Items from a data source
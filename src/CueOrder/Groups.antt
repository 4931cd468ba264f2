-- ===== src/CueOrder/Groups.antt =====
-- The blocks of crates/cuepool-gui/src/cue_order.rs in a list whose groups stand in no group.
use cue_pool.Base.{
  ℕ, ◌≤◌, ◌<◌, ◌≡◌, refl, ap, sym, ◌∙◌, Bool, true, ◌&&◌, Option, none, some, List, arith, length,
  take, get_elem?, get_elem?-lt, if◌then◌else◌, ltb, leb, Option-cases, Bool-cases,
  get_elem?-none_le, length-take, inl, inr,
}
use cue_pool.Cue.{Cue, qid, parent, is_group}
use cue_pool.Sequence.{has_qid}
use cue_pool.CueOrder.{Range, span, enclosing_span, rposition_by}
use cue_pool.CueOrder.Bounds.{span-start, span-Holds, rposition-lt}
use cue_pool.CueOrder.Members.{
  Flat, Flat-parent, get-take, rposition-at, rposition-last, inner-parent,
}

-- A row that stands behind the first row of no block.
abbrev pub Outermost : List Cue → ℕ → Type 0
Outermost cues j = (g : ℕ) → g < j → (span cues g).end ≤ j

pub top-Outermost :
    (cues : List Cue) (j : ℕ) (d : Cue)
    → get_elem? cues j ≡ some d
    → parent d ≡ none
    → Outermost cues j
top-Outermost cues j d at top g l = elim (Bool-cases (leb (span cues g).end j)) [
  | inl ends ↦ ground (arith, ends)
  | inr lasts ↦
      let (c, on, grouped, joins) = inner-parent cues g j d l (ground (arith, lasts)) at in
      let clash : none ≡ some (qid c) = sym top ∙ joins in cc
]

group-Outermost :
    (cues : List Cue) (j : ℕ) (d : Cue)
    → Flat cues
    → get_elem? cues j ≡ some d
    → is_group d ≡ true
    → Outermost cues j
group-Outermost cues j d f at grouped =
    top-Outermost cues j d at (Flat-parent cues j d f at grouped)

-- The block that holds row `n`, and no other block does.
pub record Block (cues : List Cue) (n : ℕ) (r : Range) : Type 0 where
  pub first : ℕ
  pub is_span : r ≡ span cues first
  pub from : first ≤ n
  pub beyond : n < (span cues first).end
  pub outermost : Outermost cues first

own_Block :
    (cues : List Cue) (n : ℕ) (d : Cue)
    → get_elem? cues n ≡ some d
    → Outermost cues n
    → Block cues n (span cues n)
own_Block cues n d at o = record {
  first = n;
  is_span = refl;
  from = omega arith;
  beyond = (span-Holds cues n (get_elem?-lt cues n d at)).beyond;
  outermost = o;
}

abbrev heads : ℕ → Cue → Bool
heads q c = is_group c && has_qid q c

-- The last header in front of a member stands behind the header of each block that holds the member.
header-last :
    (cues : List Cue) (n g q : ℕ) (d : Cue)
    → get_elem? cues n ≡ some d
    → parent d ≡ some q
    → g < n
    → n < (span cues g).end
    → (h : ℕ) × (rposition_by (heads q) (take n cues) ≡ some h) × (g ≤ h)
header-last cues n g q d at member l b =
    let (c, on, grouped, joins) = inner-parent cues g n d l b at in
    let same : some q ≡ some (qid c) = sym member ∙ joins in
    rposition-last (heads q) (take n cues) g c (get-take n g cues l ∙ on)
      (ground (arith, grouped, same))

module _ (cues : List Cue) (n q : ℕ) (d : Cue) (flat : Flat cues) (at : get_elem? cues n ≡ some d)
    (member : parent d ≡ some q) where
  no_header-Outermost : rposition_by (heads q) (take n cues) ≡ none → Outermost cues n
  no_header-Outermost off g l = elim (Bool-cases (leb (span cues g).end n)) [
    | inl ends ↦ ground (arith, ends)
    | inr lasts ↦
        let (h, on, le) = header-last cues n g q d at member l (ground (arith, lasts)) in absurd cc
  ]

  header-lt : (h : ℕ) → rposition_by (heads q) (take n cues) ≡ some h → (h < n) × (h < length cues)
  header-lt h on =
      let l = rposition-lt (heads q) (take n cues) h on in
      let t = length-take n cues in (omega (arith, l, t), omega (arith, l, t))

  header-group : (h : ℕ) → rposition_by (heads q) (take n cues) ≡ some h → Outermost cues h
  header-group h on = elim (Option-cases (get_elem? cues h)) [
    | inl off ↦ absurd (omega (arith, header-lt h on, get_elem?-none_le cues h off))
    | inr (c, there) ↦
        let found : heads q c ≡ true =
          rposition-at (heads q) (take n cues) h c on
            (get-take n h cues (header-lt h on).0 ∙ there) in
        group-Outermost cues h c flat there (ground (arith, found))
  ]

  past_header-Outermost :
      (h : ℕ)
      → rposition_by (heads q) (take n cues) ≡ some h
      → h < n
      → (span cues h).end ≤ n
      → Outermost cues n
  past_header-Outermost h on l past g k = elim (Bool-cases (leb (span cues g).end n)) [
    | inl ends ↦ ground (arith, ends)
    | inr lasts ↦
        let (last, there, le) = header-last cues n g q d at member k (ground (arith, lasts)) in
        let same : last ≡ h = cc in
        elim (Bool-cases (leb h g)) [
          | inl first ↦
              let equal : g ≡ h = ground arith in
              absurd (ground (arith, lasts, ap (λ x. (span cues x).end) equal))
          | inr inner ↦ ground (arith, header-group h on g (ground (arith, inner)))
        ]
  ]

  by_header :
      (o : Option ℕ)
      → rposition_by (heads q) (take n cues) ≡ o
      → Block cues n (elim o [
        | none ↦ span cues n
        | some header ↦
            let s = span cues header in if leb s.start n && ltb n s.end then s else span cues n
      ])
  by_header none off = own_Block cues n d at (no_header-Outermost off)
  by_header (some h) on =
      let l = header-lt h on in
      let starts = span-start cues h in
      elim (Bool-cases (leb (span cues h).start n && ltb n (span cues h).end)) [
        | inl held ↦ rw held (record {
          first = h;
          is_span = refl;
          from = omega (arith, l.0);
          beyond = ground arith;
          outermost = header-group h on;
        })
        | inr missed ↦ rw missed (
            own_Block cues n d at
              (past_header-Outermost h on l.0 (ground (arith, missed, starts, l.0))))
      ]

-- The block that `enclosing_span` gives.
pub enclosing_span-Block :
    (cues : List Cue) (n : ℕ) (d : Cue)
    → Flat cues
    → get_elem? cues n ≡ some d
    → Block cues n (enclosing_span cues n)
unfolding enclosing_span
enclosing_span-Block cues n d flat at = elim (Option-cases (parent d)) [
  | inl top ↦ rw (at, top, enclosing_span) (own_Block cues n d at (top-Outermost cues n d at top))
  | inr (q, member) ↦
      rw (at, member, enclosing_span)
        (by_header cues n q d flat at member (rposition_by (heads q) (take n cues)) refl)
]
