-- ===== src/CueOrder/Insertions.antt =====
-- Where `insertion` of crates/cuepool-gui/src/cue_order.rs puts a cue.
use cue_pool.Base.{
  ℕ, zero, suc, ◌+◌, ◌<◌, ◌≡◌, refl, ap, sym, ◌∙◌, true, some, List, [], ◌∷◌, ◌++◌, arith, length,
  take, drop, get_elem?, get_elem?-lt, get_elem?-append_left, length-take,
}
use cue_pool.Cue.{Cue, qid, parent, is_group}
use cue_pool.CueOrder.{leading_members, span, insert_after}
use cue_pool.Base.{drop-append}
use cue_pool.CueOrder.Spans.{span-group}

-- A cue inserted at a row.
abbrev pub inserted : ℕ → Cue → List Cue → List Cue
inserted row new cues = take row cues ++ (new ∷ drop row cues)

get-take : (n : ℕ) (cs : List Cue) → get_elem? (take (suc n) cs) n ≡ get_elem? cs n
get-take n [] = refl
get-take zero (c ∷ cs) = refl
get-take (suc n) (c ∷ cs) = get-take n cs

insert_after-group :
    (cues : List Cue) (idx : ℕ) (c : Cue)
    → get_elem? cues idx ≡ some c
    → is_group c ≡ true
    → insert_after cues idx ≡ (idx + 1, some (qid c))
unfolding insert_after
insert_after-group cues idx c at grouped = ground arith

get-inserted :
    (cues : List Cue) (idx : ℕ) (new : Cue)
    → idx < length cues
    → get_elem? (inserted (suc idx) new cues) idx ≡ get_elem? cues idx
get-inserted cues idx new h =
    get_elem?-append_left (take (suc idx) cues) (new ∷ drop (suc idx) cues) idx
      (omega (arith, length-take (suc idx) cues))
    ∙ get-take idx cues

drop-inserted :
    (cues : List Cue) (idx : ℕ) (new : Cue)
    → idx < length cues
    → drop (suc idx) (inserted (suc idx) new cues) ≡ new ∷ drop (suc idx) cues
drop-inserted cues idx new h =
    let long : length (take (suc idx) cues) ≡ suc idx = omega (arith, length-take (suc idx) cues) in
    ap (λ n. drop n (inserted (suc idx) new cues)) (sym long)
    ∙ drop-append (take (suc idx) cues) (new ∷ drop (suc idx) cues)

leading_members-more :
    (g : ℕ) (new : Cue) (cs : List Cue)
    → parent new ≡ some g
    → leading_members g (new ∷ cs) ≡ suc (leading_members g cs)
unfolding leading_members
leading_members-more g new cs h = ground arith

-- A cue that is added after a group and takes the parent that `insertion` gives it joins the block of
-- the group, which is one row longer then.
pub insert_after-span :
    (cues : List Cue) (idx : ℕ) (c new : Cue)
    → get_elem? cues idx ≡ some c
    → is_group c ≡ true
    → parent new ≡ (insert_after cues idx).1
    → (span (inserted (insert_after cues idx).0 new cues) idx).end ≡ suc (span cues idx).end
insert_after-span cues idx c new at grouped joined =
    let h = get_elem?-lt cues idx c at in
    let place = insert_after-group cues idx c at grouped in
    let next : idx + 1 ≡ suc idx = omega arith in
    let row : (insert_after cues idx).0 ≡ suc idx = ap (λ r. r.0) place ∙ next in
    let group : parent new ≡ some (qid c) = joined ∙ ap (λ r. r.1) place in
    ap (λ r. (span (inserted r new cues) idx).end) row
    ∙ span-group (inserted (suc idx) new cues) idx c (get-inserted cues idx new h ∙ at) grouped
    ∙ ap (λ n. idx + 1 + leading_members (qid c) (drop n (inserted (suc idx) new cues))) next
    ∙ ap (λ l. idx + 1 + leading_members (qid c) l) (drop-inserted cues idx new h)
    ∙ ap (λ n. idx + 1 + n) (leading_members-more (qid c) new (drop (suc idx) cues) group)
    ∙ ap (λ n. idx + 1 + suc (leading_members (qid c) (drop n cues))) (sym next)
    ∙ one_more (idx + 1) (leading_members (qid c) (drop (idx + 1) cues))
    ∙ ap suc (sym (span-group cues idx c at grouped))
  where
    one_more : (n m : ℕ) → n + suc m ≡ suc (n + m)
    one_more n m = omega arith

> **Activity**
Would you copy every line of the entries in which "Range" appears?

> **Problem solution**
use cue_pool.CueOrder.{Range, span, enclosing_span, rposition_by}
pub record Block (cues : List Cue) (n : ℕ) (r : Range) : Type 0 where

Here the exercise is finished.